=== YOUR ASSIGNMENT ===
Return each line of the records below that contains the word "elim".

Collected data entries
········
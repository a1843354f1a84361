-- ===== src/Sysfile/Held.antt =====
-- The references to open files that the descriptors of a process are.
use native.Mathlib.Decide.{ℕ_discrete}
use csse332lab.Base.{
  ℕ, zero, suc, ◌+◌, ◌≤◌, ◌<◌, ◌≡◌, ◌≢◌, refl, sym, ◌∙◌, ap, Option, none, some, List, [], ◌∷◌,
  ◌++◌, arith, ◌==◌, ==_refl, ==_ne, if◌then◌else◌, update, update_ne, All, All-In, count, In,
  In-split, inl, inr,
}
use csse332lab.Files.{nfile, Ftable}
use csse332lab.Files.Refs.{Counted}
use csse332lab.Sysfile.{nofile}

-- The file of a descriptor before those of others.
abbrev add : Option ℕ → List ℕ → List ℕ
add none refs = refs
add (some f) refs = f ∷ refs

-- The files of `k` descriptors from `fd` on.
abbrev held_from : (ℕ → Option ℕ) → ℕ → ℕ → List ℕ
held_from fds zero fd = []
held_from fds (suc k) fd = add (fds fd) (held_from fds k (fd + 1))

abbrev pub held : (ℕ → Option ℕ) → List ℕ
held fds = held_from fds nofile 0

-- The references of a descriptor to `c`.
abbrev pub refers : ℕ → Option ℕ → ℕ
refers c none = 0
refers c (some f) = if f == c then 1 else 0

count-add :
    (c : ℕ) (x : Option ℕ) (refs : List ℕ) → count c (add x refs) ≡ refers c x + count c refs
count-add c none refs = omega arith
count-add c (some f) refs = refl

held_from-same :
    (c : ℕ) (fds gds : ℕ → Option ℕ) (k from : ℕ)
    → ((fd : ℕ) → from ≤ fd → fds fd ≡ gds fd)
    → count c (held_from fds k from) ≡ count c (held_from gds k from)
held_from-same c fds gds zero from h = refl
held_from-same c fds gds (suc k) from h =
    rw
      (
        count-add c (fds from) (held_from fds k (from + 1)),
        count-add c (gds from) (held_from gds k (from + 1)),
        h from (omega arith),
        held_from-same c fds gds k (from + 1) (λ fd le. h fd (omega arith)),
      )
      refl

held_from-update :
    (c : ℕ) (fds : ℕ → Option ℕ) (fd : ℕ) (x : Option ℕ) (k from : ℕ)
    → from ≤ fd
    → fd < from + k
    → count c (held_from (update fds fd x) k from) + refers c (fds fd)
      ≡ count c (held_from fds k from) + refers c x
held_from-update c fds fd x zero from le lt = absurd (omega arith)
held_from-update c fds fd x (suc k) from le lt =
    let one = count-add c (fds from) (held_from fds k (from + 1)) in
    let other = count-add c (update fds fd x from) (held_from (update fds fd x) k (from + 1)) in
    elim (ℕ_discrete from fd) [
      | yes e ↦
          let at : update fds fd x from ≡ x = rw (e, ==_refl fd) refl in
          let rest =
            held_from-same c (update fds fd x) fds k (from + 1)
              (λ g le. update_ne fds fd g x (omega arith)) in
          let there : refers c (update fds fd x from) ≡ refers c x = ap (refers c) at in
          let here : refers c (fds fd) ≡ refers c (fds from) = ap (λ g. refers c (fds g)) (sym e) in
          omega (arith, one, other, rest, there, here)
      | no ne ↦
          let at = ap (refers c) (update_ne fds fd from x ne) in
          let rest = held_from-update c fds fd x k (from + 1) (omega arith) (omega arith) in
          omega (arith, one, other, rest, at)
    ]

-- Giving the descriptor `fd` another file.
pub held-update :
    (c : ℕ) (fds : ℕ → Option ℕ) (fd : ℕ) (x : Option ℕ)
    → fd < nofile
    → count c (held (update fds fd x)) + refers c (fds fd) ≡ count c (held fds) + refers c x
held-update c fds fd x lt = held_from-update c fds fd x nofile 0 (omega arith) lt

pub held-same :
    (c : ℕ) (fds gds : ℕ → Option ℕ)
    → ((fd : ℕ) → fds fd ≡ gds fd)
    → count c (held fds) ≡ count c (held gds)
held-same c fds gds h = held_from-same c fds gds nofile 0 (λ fd le. h fd)

pub count-append : (c : ℕ) (xs ys : List ℕ) → count c (xs ++ ys) ≡ count c xs + count c ys
count-append c [] ys = omega arith
count-append c (x ∷ xs) ys = omega (arith, count-append c xs ys)

count-In : (c : ℕ) (xs : List ℕ) → count c xs ≢ 0 → In c xs
count-In c [] h = h refl
count-In c (x ∷ xs) h = elim (ℕ_discrete c x) [
  | yes e ↦ inl e
  | no ne ↦ inr (count-In c xs (let far = ==_ne x c (λ e. ne (sym e)) in ground arith))
]

-- A file that is referred to, among the references.
pub count-split :
    (c : ℕ) (xs : List ℕ) → count c xs ≢ 0 → (ys : List ℕ) × (zs : List ℕ) × (xs ≡ ys ++ c ∷ zs)
count-split c xs h = In-split c xs (count-In c xs h)

-- A file that has a descriptor is referred to.
pub held_some :
    (fds : ℕ → Option ℕ) (fd f : ℕ) → fd < nofile → fds fd ≡ some f → count f (held fds) ≢ 0
held_some fds fd f lt e z =
    let moved = held-update f fds fd none lt in
    let one : refers f (fds fd) ≡ 1 = ap (refers f) e ∙ rw (==_refl f) refl in
    absurd (omega (arith, moved, one, z))

All-counted : (P : ℕ → Type 0) (xs : List ℕ) → ((c : ℕ) → count c xs ≢ 0 → P c) → All P xs
All-counted P [] h = tt
All-counted P (x ∷ xs) h = (h x (ground arith), All-counted P xs (λ c ne. h c (ground arith)))

-- The order of the references does not matter.
pub Counted-same :
    (t : Ftable) (refs refs' : List ℕ)
    → ((c : ℕ) → count c refs' ≡ count c refs)
    → Counted t refs
    → Counted t refs'
Counted-same t refs refs' same h = record {
  counted = λ f lt. h.counted f lt ∙ sym (same f);
  unused = h.unused;
  range =
      All-counted (λ f. f < nfile) refs'
        (λ c ne. All-In (λ f. f < nfile) refs c h.range (count-In c refs (λ z. ne (same c ∙ z))));
}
········
=== OUTPUT OF THE EXERCISE ===
    elim (ℕ_discrete from fd) [
count-In c (x ∷ xs) h = elim (ℕ_discrete c x) [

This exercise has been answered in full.